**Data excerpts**
※ ※ ※

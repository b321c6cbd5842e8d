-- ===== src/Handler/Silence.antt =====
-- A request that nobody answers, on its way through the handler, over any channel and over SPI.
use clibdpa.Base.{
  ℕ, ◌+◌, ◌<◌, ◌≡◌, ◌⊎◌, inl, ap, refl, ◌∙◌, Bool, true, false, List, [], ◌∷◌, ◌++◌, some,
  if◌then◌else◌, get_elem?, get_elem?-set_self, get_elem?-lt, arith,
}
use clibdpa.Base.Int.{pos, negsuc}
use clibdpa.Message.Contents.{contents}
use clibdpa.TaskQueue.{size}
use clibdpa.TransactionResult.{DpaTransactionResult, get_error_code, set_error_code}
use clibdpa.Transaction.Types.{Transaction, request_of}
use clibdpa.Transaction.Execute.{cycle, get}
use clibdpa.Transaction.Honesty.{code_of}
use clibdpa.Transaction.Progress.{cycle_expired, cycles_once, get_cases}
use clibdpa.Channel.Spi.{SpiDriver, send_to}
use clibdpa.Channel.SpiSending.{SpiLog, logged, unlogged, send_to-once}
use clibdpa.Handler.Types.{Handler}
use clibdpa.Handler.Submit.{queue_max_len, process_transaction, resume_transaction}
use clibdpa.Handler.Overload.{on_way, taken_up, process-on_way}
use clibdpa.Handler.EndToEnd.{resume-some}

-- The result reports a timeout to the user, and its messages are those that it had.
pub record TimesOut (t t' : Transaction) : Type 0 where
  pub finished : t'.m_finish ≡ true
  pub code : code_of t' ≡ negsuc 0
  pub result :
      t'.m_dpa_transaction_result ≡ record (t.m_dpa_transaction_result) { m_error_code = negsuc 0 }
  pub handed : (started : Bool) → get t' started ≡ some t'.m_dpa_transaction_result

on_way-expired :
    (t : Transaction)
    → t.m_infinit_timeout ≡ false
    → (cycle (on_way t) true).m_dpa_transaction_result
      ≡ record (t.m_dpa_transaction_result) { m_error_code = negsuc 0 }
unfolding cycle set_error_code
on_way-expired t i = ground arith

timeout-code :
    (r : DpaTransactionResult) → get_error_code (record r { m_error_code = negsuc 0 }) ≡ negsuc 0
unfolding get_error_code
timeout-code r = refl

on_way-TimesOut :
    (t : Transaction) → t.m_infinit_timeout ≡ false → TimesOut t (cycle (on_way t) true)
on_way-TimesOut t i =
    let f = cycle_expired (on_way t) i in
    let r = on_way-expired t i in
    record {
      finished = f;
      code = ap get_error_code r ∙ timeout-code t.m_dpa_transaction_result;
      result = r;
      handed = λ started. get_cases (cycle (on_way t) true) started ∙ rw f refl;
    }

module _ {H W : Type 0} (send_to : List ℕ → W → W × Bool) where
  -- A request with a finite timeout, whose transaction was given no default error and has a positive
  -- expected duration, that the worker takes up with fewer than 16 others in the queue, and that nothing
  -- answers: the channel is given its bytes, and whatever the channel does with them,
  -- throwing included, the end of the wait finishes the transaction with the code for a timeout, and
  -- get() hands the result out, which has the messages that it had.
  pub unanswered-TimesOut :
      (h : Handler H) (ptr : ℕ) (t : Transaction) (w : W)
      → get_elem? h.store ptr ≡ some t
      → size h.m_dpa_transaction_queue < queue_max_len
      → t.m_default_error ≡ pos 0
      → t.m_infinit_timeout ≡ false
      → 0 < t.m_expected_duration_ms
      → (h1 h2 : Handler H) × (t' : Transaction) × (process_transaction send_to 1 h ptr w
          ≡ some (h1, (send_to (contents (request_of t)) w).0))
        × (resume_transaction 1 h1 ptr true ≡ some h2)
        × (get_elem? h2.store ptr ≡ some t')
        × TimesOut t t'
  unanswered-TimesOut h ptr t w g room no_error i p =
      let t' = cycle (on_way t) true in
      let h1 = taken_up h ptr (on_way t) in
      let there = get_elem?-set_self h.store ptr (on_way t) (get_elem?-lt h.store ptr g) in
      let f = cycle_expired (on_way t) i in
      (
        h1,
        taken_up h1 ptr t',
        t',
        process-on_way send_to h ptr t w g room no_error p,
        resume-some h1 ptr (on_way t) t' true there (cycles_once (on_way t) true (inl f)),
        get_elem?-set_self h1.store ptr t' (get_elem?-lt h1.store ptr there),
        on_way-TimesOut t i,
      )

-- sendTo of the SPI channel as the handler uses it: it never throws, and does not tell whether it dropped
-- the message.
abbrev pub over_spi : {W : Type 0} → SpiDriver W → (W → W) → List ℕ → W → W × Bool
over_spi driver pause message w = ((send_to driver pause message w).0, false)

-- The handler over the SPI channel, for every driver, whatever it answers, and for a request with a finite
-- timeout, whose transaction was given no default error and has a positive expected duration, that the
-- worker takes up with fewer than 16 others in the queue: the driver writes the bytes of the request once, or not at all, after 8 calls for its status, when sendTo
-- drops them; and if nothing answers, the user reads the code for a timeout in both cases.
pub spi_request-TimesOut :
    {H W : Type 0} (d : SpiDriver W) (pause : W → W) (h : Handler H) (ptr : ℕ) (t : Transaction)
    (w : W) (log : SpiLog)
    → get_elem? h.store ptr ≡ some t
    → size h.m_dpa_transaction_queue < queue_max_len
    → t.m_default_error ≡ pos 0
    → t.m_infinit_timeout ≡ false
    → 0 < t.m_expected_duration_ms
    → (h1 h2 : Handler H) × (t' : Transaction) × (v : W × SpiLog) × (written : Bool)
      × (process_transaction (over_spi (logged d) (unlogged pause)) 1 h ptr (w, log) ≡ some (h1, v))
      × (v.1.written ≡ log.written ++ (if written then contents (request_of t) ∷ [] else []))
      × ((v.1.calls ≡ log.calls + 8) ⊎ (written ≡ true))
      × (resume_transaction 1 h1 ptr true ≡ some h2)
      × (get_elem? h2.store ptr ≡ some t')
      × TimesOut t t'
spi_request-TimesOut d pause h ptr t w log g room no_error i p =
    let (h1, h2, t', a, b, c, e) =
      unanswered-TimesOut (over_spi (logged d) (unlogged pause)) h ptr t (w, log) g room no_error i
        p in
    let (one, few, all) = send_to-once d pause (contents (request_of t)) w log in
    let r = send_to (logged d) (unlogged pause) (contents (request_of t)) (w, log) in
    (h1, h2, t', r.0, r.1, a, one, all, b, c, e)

※ ※ ※

**Task prompt**
Reproduce exactly, and only, the lines from the start of the entries through the one that contains "pub record TimesOut".

**Answer to the problem**
repository b321c6cbd5842e8d
-- ===== src/Handler/Silence.antt =====
-- A request that nobody answers, on its way through the handler, over any channel and over SPI.
use clibdpa.Base.{
  ℕ, ◌+◌, ◌<◌, ◌≡◌, ◌⊎◌, inl, ap, refl, ◌∙◌, Bool, true, false, List, [], ◌∷◌, ◌++◌, some,
  if◌then◌else◌, get_elem?, get_elem?-set_self, get_elem?-lt, arith,
}
use clibdpa.Base.Int.{pos, negsuc}
use clibdpa.Message.Contents.{contents}
use clibdpa.TaskQueue.{size}
use clibdpa.TransactionResult.{DpaTransactionResult, get_error_code, set_error_code}
use clibdpa.Transaction.Types.{Transaction, request_of}
use clibdpa.Transaction.Execute.{cycle, get}
use clibdpa.Transaction.Honesty.{code_of}
use clibdpa.Transaction.Progress.{cycle_expired, cycles_once, get_cases}
use clibdpa.Channel.Spi.{SpiDriver, send_to}
use clibdpa.Channel.SpiSending.{SpiLog, logged, unlogged, send_to-once}
use clibdpa.Handler.Types.{Handler}
use clibdpa.Handler.Submit.{queue_max_len, process_transaction, resume_transaction}
use clibdpa.Handler.Overload.{on_way, taken_up, process-on_way}
use clibdpa.Handler.EndToEnd.{resume-some}

-- The result reports a timeout to the user, and its messages are those that it had.
pub record TimesOut (t t' : Transaction) : Type 0 where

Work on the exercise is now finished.